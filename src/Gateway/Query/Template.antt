-- ===== src/Gateway/Query/Template.antt =====
-- Named queries: resolveTemplate of observe-gateway/internal/server/server.go and
-- ResolveQueryTemplate of observe-gateway/internal/config/config.go.
use x_scope_hub_svc_plus.Prelude.{Option, none, some, List, [], ◌∷◌, ◌++◌, is_empty, if◌then◌else◌}
use x_scope_hub_svc_plus.Prelude.Text.{Text, codes, text_eq, trim_space, split, join}
use x_scope_hub_svc_plus.Gateway.Query.{Request}

pub record QueryTemplate : Type 0 where
  pub lang : Text
  pub query : Text
  pub step : Text

-- strings.ReplaceAll
unfoldable pub replace_all : Text → Text → Text → Text
unfolding split join
replace_all old new s = join new (split old s)

-- The loop over the variables.
unfoldable pub apply_template_variables : Text → List (Text × Text) → Text
unfolding replace_all trim_space
apply_template_variables out [] = out
apply_template_variables out ((key, value) ∷ variables) =
    apply_template_variables (replace_all (codes "{{" ++ trim_space key ++ codes "}}") value out)
      variables

abbrev pub Templates : Type 0
Templates = List (Text × QueryTemplate)

unfoldable pub find_template : Text → Templates → Option QueryTemplate
find_template name [] = none
find_template name ((k, t) ∷ ts) = if text_eq k name then some t else find_template name ts

render : QueryTemplate → List (Text × Text) → QueryTemplate
unfolding apply_template_variables trim_space
render t variables = if is_empty variables then t else record {
  lang = trim_space t.lang;
  query = apply_template_variables t.query variables;
  step = apply_template_variables t.step variables;
}

unfoldable pub resolve_query_template : Templates → Text → List (Text × Text) → Option QueryTemplate
unfolding find_template render
resolve_query_template ts name variables = elim (find_template name ts) [
  | none ↦ none
  | some t ↦ some (render t variables)
]

-- if strings.TrimSpace(own) == "" { own = rendered }
unfoldable pub own_or : Text → Text → Text
unfolding trim_space
own_or own rendered = if is_empty (trim_space own) then rendered else own

unfoldable pub resolve_template : Templates → Request → Request
unfolding trim_space resolve_query_template own_or
resolve_template ts req =
    let name = trim_space req.template in
    if is_empty name then req else elim (resolve_query_template ts name req.variables) [
      | none ↦ req
      | some t ↦ record req {
        lang = own_or req.lang t.lang;
        query = own_or req.query t.query;
        step = own_or req.step t.step;
      }
    ]
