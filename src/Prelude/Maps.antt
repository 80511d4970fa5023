-- ===== src/Prelude/Maps.antt =====
-- Go's `map[string]T` as a list of keys and values, and Redis itself. A loop over a map goes through
-- the list.
use mathlib.Core.Path.{◌≡◌, refl}
use mathlib.Core.Option.{Option, none, some}
use mathlib.Core.List.{List, [], ◌∷◌}
use native.Mathlib.Omega.{arith}
use Prim.Native.String.{String}
use text.Mathlib.Text.{◌==◌ as str_eq}
use text.Mathlib.TextEquality.{eq_iff as str_eq_iff}
use x_scope_hub_svc_plus.Prelude.Tests.{if◌then◌else◌}

module _ {A : Type 0} where
  unfoldable pub lookup : String → List (String × A) → Option A
  lookup k [] = none
  lookup k ((j, a) ∷ m) = if str_eq j k then some a else lookup k m

  unfoldable pub insert : String → A → List (String × A) → List (String × A)
  insert k a [] = (k, a) ∷ []
  insert k a ((j, b) ∷ m) = if str_eq j k then (k, a) ∷ m else (j, b) ∷ insert k a m

  pub lookup-insert :
      (k j : String) (a : A) (m : List (String × A))
      → lookup j (insert k a m) ≡ (if str_eq k j then some a else lookup j m)
  unfolding lookup insert
  lookup-insert k j a [] = refl
  lookup-insert k j a ((i, b) ∷ m) =
      ground (arith, str_eq_iff k j, str_eq_iff i k, str_eq_iff i j, lookup-insert k j a m)
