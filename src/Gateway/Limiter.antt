-- ===== src/Gateway/Limiter.antt =====
-- observe-gateway/internal/limiter/limiter.go: limits for each tenant.
-- Times and durations are milliseconds. An int or a duration that the code only tests for being
-- positive is a natural number, and 0 stands for every value that is not. `rps`, a float64, is in
-- thousandths. golang.org/x/time/rate is a record that the section takes; what becomes of a call of
-- Redis is an argument; the Lua script is translated, over sorted sets of times.
pub mod Window
pub mod Tenants
mod Tests
use x_scope_hub_svc_plus.Prelude.Maps.{lookup, insert}
use x_scope_hub_svc_plus.Prelude.{
  ℕ, ◌+◌, ◌-◌, ◌*◌, ◌/◌, String, Bool, true, false, not, ◌||◌, Option, none, some, List, [], ◌∷◌,
  length, ◌==◌, ltb, leb, str_eq, if◌then◌else◌,
}

-- What becomes of a call of the script: it runs and its reply arrives, it does not run, or it runs and
-- the reply is lost. The client returns an error for the last two.
pub data RedisCall : Type 0 where
  answered unreachable reply_lost : RedisCall

pub data Limit : Type 0 where
  inf : Limit
  per_second : ℕ → Limit

-- golang.org/x/time/rate: NewLimiter, and Allow at a time.
pub record RateLib : Type 1 where
  pub Bucket : Type 0
  pub new_limiter : Limit → ℕ → Bucket
  pub allow : ℕ → Bucket → Bool × Bucket

-- What a Redis sorted set holds, and when its key expires.
pub record SortedSet : Type 0 where
  pub members : List ℕ
  pub expires : ℕ

abbrev pub minute : ℕ
minute = 60000

-- ZREMRANGEBYSCORE key 0 (now - window): a negative bound removes nothing.
unfoldable pub keep_after : ℕ → List ℕ → List ℕ
keep_after bound [] = []
keep_after bound (t ∷ ts) = if leb t bound then keep_after bound ts else t ∷ keep_after bound ts

unfoldable pub prune : ℕ → ℕ → List ℕ → List ℕ
unfolding keep_after
prune now window ts = if leb window now then keep_after (now - window) ts else ts

abbrev pub contains : ℕ → List ℕ → Bool
contains k [] = false
contains k (t ∷ ts) = t == k || contains k ts

-- ZADD key now now: a member that is there already is not added again.
unfoldable pub zadd : ℕ → List ℕ → List ℕ
zadd now ts = if contains now ts then ts else now ∷ ts

-- The members of a key that has expired are gone.
abbrev pub live_members : ℕ → SortedSet → List ℕ
live_members now z = if leb z.expires now then [] else z.members

-- The script: 1 is true.
unfoldable pub redis_script : ℕ → ℕ → ℕ → SortedSet → Bool × SortedSet
unfolding prune zadd
redis_script now window limit z =
    let ts = prune now window (live_members now z) in
    if leb limit (length ts)
    then (false, record z { members = ts })
    else (true, record { members = zadd now ts; expires = now + window })

pub record Config : Type 0 where
  pub enabled : Bool
  pub rps : ℕ
  pub burst : ℕ
  pub window : ℕ
  pub redis : Bool

pub data Verdict : Type 0 where
  allowed : Verdict
  rate_limited : Verdict
  redis_error : Verdict

module _ (lib : RateLib) where
  open lib use {Bucket, new_limiter, allow}

  pub record Limiter : Type 0 where
    pub enabled : Bool
    pub rps : ℕ
    pub burst : ℕ
    pub window : ℕ
    pub local : List (String × Bucket)
    pub redis : Option (List (String × SortedSet))  -- none is a nil client

  at_least_one : ℕ → ℕ
  at_least_one n = if ltb n 1 then 1 else n

  unfoldable pub new : Config → Limiter
  unfolding at_least_one
  new cfg =
      if not cfg.enabled
      then record { enabled = false; rps = 0; burst = 0; window = 0; local = []; redis = none }
      else record {
        enabled = true;
        rps = cfg.rps;
        burst = if cfg.burst == 0 then at_least_one (cfg.rps * 2 / 1000) else cfg.burst;
        window = if cfg.window == 0 then minute else cfg.window;
        local = [];
        redis = if cfg.redis then some [] else none;
      }

  -- The bucket of a tenant; a tenant that is new to the limiter gets a full one.
  unfoldable pub bucket_of : Limiter → String → Bucket
  bucket_of l tenant = elim (lookup tenant l.local) [
    | some b ↦ b
    | none ↦ new_limiter (if ltb 0 l.rps then per_second l.rps else inf) l.burst
  ]

  unfoldable pub allow_local : ℕ → String → Limiter → Bool × Limiter
  allow_local now tenant l =
      let (passed, b) = allow now (bucket_of l tenant) in
      (passed, record l { local = insert tenant b l.local })

  abbrev set_of : List (String × SortedSet) → String → SortedSet
  set_of store key = elim (lookup key store) [
    | some z ↦ z
    | none ↦ record { members = []; expires = 0 }
  ]

  -- The script run for a tenant. Its key is the tenant's name; the prefix "rate:" is left out.
  unfoldable pub run_script : ℕ → String → Limiter → List (String × SortedSet) → Bool × SortedSet
  run_script now tenant l store =
      redis_script now (if l.window == 0 then minute else l.window)
        (if l.burst == 0 then 1 else l.burst) (set_of store tenant)

  unfoldable pub allow_redis :
      RedisCall → ℕ → String → Limiter → List (String × SortedSet) → Verdict × Limiter
  allow_redis call now tenant l store =
      let (passed, z) = run_script now tenant l store in
      let ran = record l { redis = some (insert tenant z store) } in
      elim call [
        | unreachable ↦ (redis_error, l)
        | reply_lost ↦ (redis_error, ran)
        | answered ↦ (if passed then allowed else rate_limited, ran)
      ]

  unfoldable pub allow_request : RedisCall → ℕ → String → Limiter → Verdict × Limiter
  unfolding allow_local allow_redis
  allow_request call now tenant l =
      let (passed, l') = allow_local now tenant l in
      if not l.enabled || str_eq tenant ""
      then (allowed, l)
      else if not passed
      then (rate_limited, l')
      else elim l'.redis [
        | none ↦ (allowed, l')
        | some store ↦ allow_redis call now tenant l' store
      ]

• _About this exercise_
The required answer is each line of the entries containing the string "RedisCall".

• _Solution to the problem_
pub data RedisCall : Type 0 where
  answered unreachable reply_lost : RedisCall
      RedisCall → ℕ → String → Limiter → List (String × SortedSet) → Verdict × Limiter
  unfoldable pub allow_request : RedisCall → ℕ → String → Limiter → Verdict × Limiter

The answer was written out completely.